Kinematik im Allgemeinen ist die Lehre der Bewegung von Punkten und Körpern im Raum, beschrieben durch die Größen Position, Geschwindigkeit und Beschleunigung, ohne die Ursachen der Bewegung (Kräfte) zu betrachten. Derartige Bewegung ist möglicherweise durch Zwangsbedingungen (wie etwa die konstante Fadenlänge bei einem Pendel), durch Beziehungen zu und Wechselwirkungen mit anderen Objekten oder variierende äußere Einflüsse eingeschränkt.
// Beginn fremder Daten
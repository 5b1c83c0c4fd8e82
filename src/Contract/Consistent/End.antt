-- ===== src/Contract/Consistent/End.antt =====
-- contracts/stream/src/lib.rs, the entry points that end a stream, wholly or in part, and
-- `archive_stream`: the consistency of the storage.
use sorostream_contracts.Prelude.{
  ℕ, ◌≡◌, refl, ap, sym, ◌∙◌, Option, none, some, List, [], ◌∷◌, ◌==◌, Bool-cases, inl, inr, ==→eq,
}
use sorostream_contracts.Prelude.Int.{ℤ}
use sorostream_contracts.Types.{Address, Stream, StreamError, cancelled}
use sorostream_contracts.Call.{Outcome, ok, err, panic}
use sorostream_contracts.Call.Rules.{
  Ensures, Ensures-bind, Ensures-pure, Ensures-gets, Ensures-or_err, Holds, Ensures-or_panic,
  Ensures-fail_if, Ensures-modify, Ensures-modify_last,
}
use sorostream_contracts.Call.Unchanged.{Unchanged, Unchanged-when, unchanged_rules}
use sorostream_contracts.Env.{Env, World, Exec, publish}
use sorostream_contracts.Storage.Streams.{load_stream, save_stream, derive_stream_id}
use sorostream_contracts.Storage.Access.{remove_delegate}
use sorostream_contracts.Contract.Cancel.{
  caught, stream_now, pay_out, remove_and_unindex, cancel_stream, recipient_terminate, cancel_one,
  try_call, cancel_each, batch_cancel_stream, remainder_stream, spawn_remainder,
  partial_cancel_stream,
}
use sorostream_contracts.Contract.Manage.{archive_stream}
use sorostream_contracts.Contract.Frames.{
  Core, core_of, streams_of, is_paused_or_auto_unpause-core, require_auth-core, transfer-core,
  index_global_stream-core,
}
use sorostream_contracts.Contract.Consistent.{IsConsistent, Stores, ConsistentAfter}
use sorostream_contracts.Contract.Consistent.Writes.{
  keep, save_stream-IsConsistent, remove_stream-IsConsistent, store-IsConsistent,
}

module _ {C : Type 0} (env : Env C) where
  pay_out-core : (s : Stream) (a b : ℤ) → Unchanged core_of (pay_out env s a b)
  unfolding pay_out
  pay_out-core s a b = search (unchanged_rules, transfer-core)

  -- A stream that is saved again leaves the free identifiers free.
  still_free :
      (id : ℕ) (s t : Stream) (r : ℕ) (w : World C)
      → Stores id s (core_of w)
      → t.id ≡ s.id
      → streams_of w r ≡ none
      → streams_of (save_stream t w) r ≡ none
  unfolding save_stream
  still_free id s t r w (h, found) same free = elim (Bool-cases (t.id == r)) [
    | inl here ↦
        let place : r ≡ id = sym (==→eq t.id r here) ∙ same ∙ h.own_id id s found in
        absurd (cc (ap (streams_of w) place, free, found))
    | inr there ↦ rw there free
  ]

  remove_and_unindex-IsConsistent :
      (s : Stream) (id : ℕ) (w : World C)
      → Stores id s (core_of w)
      → Ensures (remove_and_unindex env s id) w ConsistentAfter
  unfolding remove_and_unindex
  remove_and_unindex-IsConsistent s id w h =
      Ensures-modify _
        (Ensures-modify _ (Ensures-modify_last _ (remove_stream-IsConsistent id s w h)))

  -- `cancel_stream` keeps the storage consistent.
  pub cancel_stream-IsConsistent :
      (id : ℕ) (caller : Address) (w : World C)
      → IsConsistent (core_of w)
      → Ensures (cancel_stream env id caller) w ConsistentAfter
  unfolding cancel_stream load_stream publish
  cancel_stream-IsConsistent id caller w h =
      keep IsConsistent (require_auth-core env caller) h λ _ w₁ h₁. Ensures-gets _ _ (
        Ensures-or_err _ λ s found. Ensures-gets _ _ (
          Ensures-fail_if _ λ _. Ensures-fail_if _ λ _. Ensures-or_err _ λ c due.
            keep (Stores id s) (pay_out-core s c _) (h₁, found)
              λ _ w₂ h₂.
                Ensures-bind _ (remove_and_unindex-IsConsistent s id w₂ h₂)
                  λ _ w₃ h₃. Ensures-modify_last _ h₃))

  -- `recipient_terminate` keeps the storage consistent.
  pub recipient_terminate-IsConsistent :
      (id : ℕ) (r : Address) (w : World C)
      → IsConsistent (core_of w)
      → Ensures (recipient_terminate env id r) w ConsistentAfter
  unfolding recipient_terminate load_stream publish
  recipient_terminate-IsConsistent id r w h =
      keep IsConsistent (is_paused_or_auto_unpause-core env) h λ _ w₁ h₁. Ensures-fail_if _ λ _.
        keep IsConsistent (require_auth-core env r) h₁ λ _ w₂ h₂. Ensures-gets _ _ (
          Ensures-or_err _ λ s found. Ensures-fail_if _ λ _. Ensures-fail_if _ λ _.
            Ensures-fail_if _ λ _. Ensures-or_err _ λ c due.
              keep (Stores id s) (pay_out-core s c _) (h₂, found)
                λ _ w₃ h₃.
                  Ensures-bind _ (remove_and_unindex-IsConsistent s id w₃ h₃)
                    λ _ w₄ h₄. Ensures-modify_last _ h₄)

  cancel_one-IsConsistent :
      (sender : Address) (id : ℕ) (w : World C)
      → IsConsistent (core_of w)
      → Ensures (cancel_one env sender id) w ConsistentAfter
  unfolding cancel_one load_stream publish
  cancel_one-IsConsistent sender id w h = Ensures-gets _ _ (
      Ensures-or_err _ λ s found. Ensures-fail_if _ λ _. Ensures-fail_if _ λ _.
        Ensures-or_err _ λ c due.
          keep (Stores id s) (pay_out-core s c _) (h, found)
            λ _ w₁ h₁.
              Ensures-bind _ (remove_and_unindex-IsConsistent s id w₁ h₁)
                λ _ w₂ h₂. Ensures-modify_last _ h₂)

  try_call-IsConsistent :
      (m : Exec C (Unit {0})) (w : World C)
      → IsConsistent (core_of w)
      → Ensures m w ConsistentAfter
      → Ensures (try_call m) w ConsistentAfter
  unfolding try_call
  try_call-IsConsistent m w h k = record { returned = go (m w) k.returned }
    where
      go :
          (o : Outcome StreamError (Unit {0} × World C))
          → Holds o ConsistentAfter
          → Holds (caught w o) ConsistentAfter
      go (ok (a, w')) p = p
      go (err e) p = h
      go panic p = tt

  cancel_each-IsConsistent :
      (sender : Address) (ids : List ℕ) (w : World C)
      → IsConsistent (core_of w)
      → Ensures (cancel_each env sender ids) w ConsistentAfter
  unfolding cancel_each
  cancel_each-IsConsistent sender [] w h = Ensures-pure _ h
  cancel_each-IsConsistent sender (id ∷ ids) w h =
      Ensures-bind _ (try_call-IsConsistent _ w h (cancel_one-IsConsistent sender id w h))
        λ a w₁ h₁.
          Ensures-bind _ (cancel_each-IsConsistent sender ids w₁ h₁) λ as' w₂ h₂. Ensures-pure _ h₂

  -- `batch_cancel_stream` keeps the storage consistent.
  pub batch_cancel_stream-IsConsistent :
      (ids : List ℕ) (sender : Address) (w : World C)
      → IsConsistent (core_of w)
      → Ensures (batch_cancel_stream env ids sender) w ConsistentAfter
  unfolding batch_cancel_stream
  batch_cancel_stream-IsConsistent ids sender w h =
      keep IsConsistent (require_auth-core env sender) h
        λ _ w₁ h₁. Ensures-fail_if _ λ _. cancel_each-IsConsistent sender ids w₁ h₁

  -- `archive_stream` keeps the storage consistent.
  pub archive_stream-IsConsistent :
      (id : ℕ) (caller : Address) (w : World C)
      → IsConsistent (core_of w)
      → Ensures (archive_stream env id caller) w ConsistentAfter
  unfolding archive_stream load_stream publish remove_delegate
  archive_stream-IsConsistent id caller w h =
      keep IsConsistent (require_auth-core env caller) h λ _ w₁ h₁. Ensures-gets _ _ (
        Ensures-or_err _ λ s found. Ensures-fail_if _ λ _. Ensures-fail_if _ λ _. Ensures-modify _ (
          Ensures-modify _ (
            Ensures-modify _ (
              Ensures-gets _ _ (
                keep IsConsistent (Unchanged-when core_of _ _ (search unchanged_rules))
                  (remove_stream-IsConsistent id s w₁ (h₁, found))
                  λ _ w₂ h₂. Ensures-modify_last _ h₂)))))

  -- The identifier that a partial cancellation of a stream derives.
  abbrev pub remainder_id : ℕ → Stream → ℕ
  remainder_id id s = derive_stream_id env s.sender s.recipient (stream_now env s) id

  spawn_remainder-IsConsistent :
      (s : Stream) (id : ℕ) (d : ℤ) (end_time : ℕ) (w : World C)
      → IsConsistent (core_of w)
      → streams_of w (remainder_id id s) ≡ none
      → Ensures (spawn_remainder env s id d (stream_now env s) end_time) w ConsistentAfter
  unfolding spawn_remainder
  spawn_remainder-IsConsistent s id d end_time w h free =
      store-IsConsistent (remainder_stream s (remainder_id id s) d (stream_now env s) end_time) w h
        free
        λ w₁ h₁ _. keep IsConsistent (index_global_stream-core _) h₁ λ _ w₂ h₂. Ensures-pure _ h₂

  -- Whether the identifier that a partial cancellation derives is free.
  abbrev pub SparesId : (ℕ → Option Stream) → ℕ → Type 0
  SparesId streams id = (s : Stream) → streams id ≡ some s → streams (remainder_id id s) ≡ none

  pub partial_cancel_stream-IsConsistent :
      (id : ℕ) (caller : Address) (amount : ℤ) (w : World C)
      → SparesId (streams_of w) id
      → IsConsistent (core_of w)
      → Ensures (partial_cancel_stream env id caller amount) w ConsistentAfter
  unfolding partial_cancel_stream load_stream publish
  partial_cancel_stream-IsConsistent id caller amount w free h =
      keep (λ c. IsConsistent c × SparesId c.streams id) (require_auth-core env caller) (h, free)
        λ _ w₁ (h₁, free₁). Ensures-gets _ _ (
          Ensures-or_err _ λ s found. Ensures-gets _ _ (
            Ensures-fail_if _ λ _. Ensures-fail_if _ λ live.
              let Ready : Core → Type 0 =
                λ c. Stores id s c × (c.streams (remainder_id id s) ≡ none) in
              Ensures-fail_if _ λ _. Ensures-or_err _ λ earned _. Ensures-or_err _ λ streamed _.
                Ensures-fail_if _ λ _. Ensures-or_panic λ new_deposit _. Ensures-fail_if _ λ big.
                  Ensures-or_panic λ quotient divided. Ensures-or_err _ λ seconds fits.
                    Ensures-or_err _ λ end_time ends.
                      keep Ready
                        (Unchanged-when core_of _ _
                          (transfer-core env s.token env.current_contract s.recipient earned))
                        ((h₁, found), free₁ s found)
                        λ _ w₂ h₂.
                          keep Ready
                            (transfer-core env s.token env.current_contract s.sender amount) h₂
                            λ _ w₃ h₃. Ensures-modify _ (
                              Ensures-modify _ (
                                Ensures-bind _
                                  (spawn_remainder-IsConsistent s id new_deposit end_time _
                                    (save_stream-IsConsistent id s _ w₃ h₃.0 (refl, refl, refl))
                                    (still_free id s (record s { status = cancelled })
                                      (remainder_id id s) w₃ h₃.0 refl h₃.1))
                                  λ new_id w₄ h₄. Ensures-modify _ (Ensures-pure _ h₄)))))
Durch solche kinematischen Bindungen reduziert sich die Anzahl der Freiheitsgrade eines Körpers. Die Beschreibung all dieser Objektbeziehungen unter dem Aspekt der gemeinsamen Bewegung nennt man Kinematik.

In der 3D-Computergraphik unterscheidet man die aus der Roboterforschung entlehnten beiden Grundformen der „Inversen Kinematik“ (inverse kinematics), bei der die Bewegungsberechnung darauf ausgerichtet, ist, möglichst effektiv einen erwünschten und definierten Endzustand zu erreichen, der durch die Fixierung der Lage eines Gliedes der kinematischen Kette (das sind zusammenhängende und sich zusammen bewegende Teile der animierten Figur) sowie die Koordination der Kern-Elemente der Kette festgelegt wird, und der „vorwärtsgerichteten Kinematik“ (forward kinematics), in der der Endzustand mit möglichst einfachen Übergangstransformationen separater Bewegungseinheiten zu erreichen versucht wird.